Ablative Material for Missile Launchers
Navy SBIR FY2018.1

Sol No.: Navy SBIR FY2018.1
Topic No.: N181-060
Topic Title: Ablative Material for Missile Launchers
Proposal No.: N181-060-0633
Firm: Texas Research Institute Austin, Inc.
9063 Bee Caves Road
Austin, Texas 78733
Contact: Robert Brushaber
Phone: (512) 615-4457
Web Site: http://www.tri-austin.com
Abstract: The Navy wants the capability of firing over twenty missiles with Mark 72 boosters compared to about a dozen today, which will require a different ablative material than what is currently used. A solution to this problem is needed to get ahead of the curve for the future fleet operations. There is an opportunity to develop new ablative materials for the Mark 41 Vertical Launch System (VLS) with the same form, fit, and function of the current ablative material that extends the service life by decreasing the erosion rate. Texas Research Institute Austin, Inc., (TRI Austin) proposes to demonstrate the feasibility of a new ablative material that demonstrates similar material properties and half of the erosion rate of the current MXB-360 material. The materials will be tested with a solid rocket motor with aluminized propellant to evaluate relative erosion rates vs. material costs per pound. The thermal and physical properties of the new materials will be compared to MXB-360.

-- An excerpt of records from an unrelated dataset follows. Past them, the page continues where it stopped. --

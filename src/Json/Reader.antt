-- ===== src/Json/Reader.antt =====
-- What a JSON reader makes of a text behind an opening quote, and that it reads what escape of
-- src/console_files.c wrote.
use ps5torrent.Base.{
  ℕ, zero, suc, ◌+◌, ◌*◌, ◌/◌, ◌%◌, ◌<◌, ◌≤◌, ◌≡◌, refl, ap, ◌∙◌, false, ◌||◌, Option, some, none,
  [], ◌∷◌, ◌++◌, Bytes, length, length-append, append_assoc, append-nil, ltb, ◌==◌, if◌then◌else◌,
  All, arith, Bool-cases, inl, inr,
}
use ps5torrent.Net.Url.{digit, digit-hex}
use ps5torrent.Json.Escape.{is_special, escaped, escape}

-- Where the reader is: in the text, behind a backslash, or with digits of \u left and their value.
pub data Mode : Type 0 where
  plain slash : Mode
  digits : ℕ → ℕ → Mode

-- The byte of a short escape, 256 where there is none.
abbrev pub short_escape : ℕ → ℕ
short_escape c =
    if c == b'"' || c == 92 || c == b'/'
    then c
    else if c == b'b'
    then 8
    else if c == b'f'
    then 12
    else if c == b'n'
    then 10
    else if c == b'r'
    then 13
    else if c == b't'
    then 9
    else 256

abbrev pub with_byte : ℕ → Option (Bytes × Bytes) → Option (Bytes × Bytes)
with_byte c none = none
with_byte c (some (text, rest)) = some (c ∷ text, rest)

-- The text up to the closing quote, and what is behind it.
unfoldable pub read_string : Mode → Bytes → Option (Bytes × Bytes)
read_string mode [] = none
read_string plain (c ∷ r) =
    let escaped_ = read_string slash r in
    let next = read_string plain r in
    if c == b'"'
    then some ([], r)
    else if c == 92
    then escaped_
    else if ltb c 32
    then none
    else with_byte c next
read_string slash (c ∷ r) =
    let unicode = read_string (digits 3 0) r in
    let next = read_string plain r in
    if c == b'u'
    then unicode
    else if short_escape c == 256
    then none
    else with_byte (short_escape c) next
read_string (digits zero v) (c ∷ r) =
    let next = read_string plain r in
    if digit c == 16 then none else with_byte (v * 16 + digit c) next
read_string (digits (suc n) v) (c ∷ r) =
    let next = read_string (digits n (v * 16 + digit c)) r in if digit c == 16 then none else next

read_escaped :
    (c : ℕ) (r : Bytes)
    → c < 256
    → read_string plain (escaped c ++ r) ≡ with_byte c (read_string plain r)
unfolding read_string escaped
read_escaped c r h = elim (Bool-cases (is_special c)) [
  | inl e ↦
      let a : short_escape c ≡ c = ground arith in
      let u : (c == b'u') ≡ false = ground arith in
      let n : (c == 256) ≡ false = ground arith in rw (e, u, a, n) refl
  | inr e ↦ elim (Bool-cases (ltb c 32)) [
    | inl low ↦
        let hi = digit-hex (c / 16) (omega (arith, h)) in
        let lo = digit-hex (c % 16) (omega arith) in
        let a : (c / 16 == 16) ≡ false = ground (arith, h) in
        let b : (c % 16 == 16) ≡ false = ground arith in
        let v : (0 + c / 16) * 16 + c % 16 ≡ c = omega arith in
        rw (e, low, hi, lo, a, b) (ap (λ k. with_byte k (read_string plain r)) v)
    | inr high ↦
        let q : (c == b'"') ≡ false = ground arith in
        let b : (c == 92) ≡ false = ground arith in rw (e, high, q, b, high) refl
  ]
]

with_bytes : Bytes → Option (Bytes × Bytes) → Option (Bytes × Bytes)
with_bytes [] o = o
with_bytes (c ∷ r) o = with_byte c (with_bytes r o)

with_bytes-some : (s t rest : Bytes) → with_bytes s (some (t, rest)) ≡ some (s ++ t, rest)
unfolding with_bytes
with_bytes-some [] t rest = refl
with_bytes-some (c ∷ r) t rest = ap (with_byte c) (with_bytes-some r t rest)

read_escape :
    (s rest : Bytes)
    → All (λ c. c < 256) s
    → read_string plain (escape s ++ rest) ≡ with_bytes s (read_string plain rest)
unfolding escape with_bytes
read_escape [] rest h = refl
read_escape (c ∷ r) rest (h, hs) =
    ap (read_string plain) (append_assoc (escaped c) (escape r) rest)
    ∙ (read_escaped c (escape r ++ rest) h ∙ ap (with_byte c) (read_escape r rest hs))

closing_quote : (rest : Bytes) → read_string plain (b'"' ∷ rest) ≡ some ([], rest)
unfolding read_string
closing_quote rest = refl

length-escaped : (c : ℕ) → length (escaped c) ≤ 6
unfolding escaped
length-escaped c = ground arith

length-escape : (s : Bytes) → length (escape s) ≤ 6 * length s
unfolding escape
length-escape [] = omega arith
length-escape (c ∷ r) =
    omega (arith, length-append (escaped c) (escape r), length-escaped c, length-escape r)

-- A reader of JSON finds in an escaped text, up to the quote behind it, the text itself, and nothing
-- ends the string before; the escaped text is at most six times as long.
pub read_string-escape :
    (s rest : Bytes)
    → All (λ c. c < 256) s
    → (read_string plain (escape s ++ b'"' ∷ rest) ≡ some (s, rest))
      × (length (escape s) ≤ 6 * length s)
read_string-escape s rest h = (
  read_escape s (b'"' ∷ rest) h
      ∙ (ap (with_bytes s) (closing_quote rest)
          ∙ (with_bytes-some s [] rest ∙ ap (λ t. some (t, rest)) (append-nil s))),
  length-escape s,
)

Benefits: Research and transition efforts will be directed toward development of a high temperature composite material resulting in lightweight and easily fabricated structural ablative materials for the Mark 41 VLS. The material architecture will be shown to reduce erosion rate on the VLS platform. The high temperature ablative composites will be able to function in the Navy VLS platform over the duration of the program. Other high temperature missile applications will see a potential for an improved ablative material such as NASA, Air Force, Army, and Navy missiles. The ablative composites will have applications in commercial market/revenue segments for rocket nozzles and Thermal Protection Systems (TPS) for high temperature atmospheric reentry vehicles. NASA is going to need new lightweight heat shielding materials for planet exploration missions.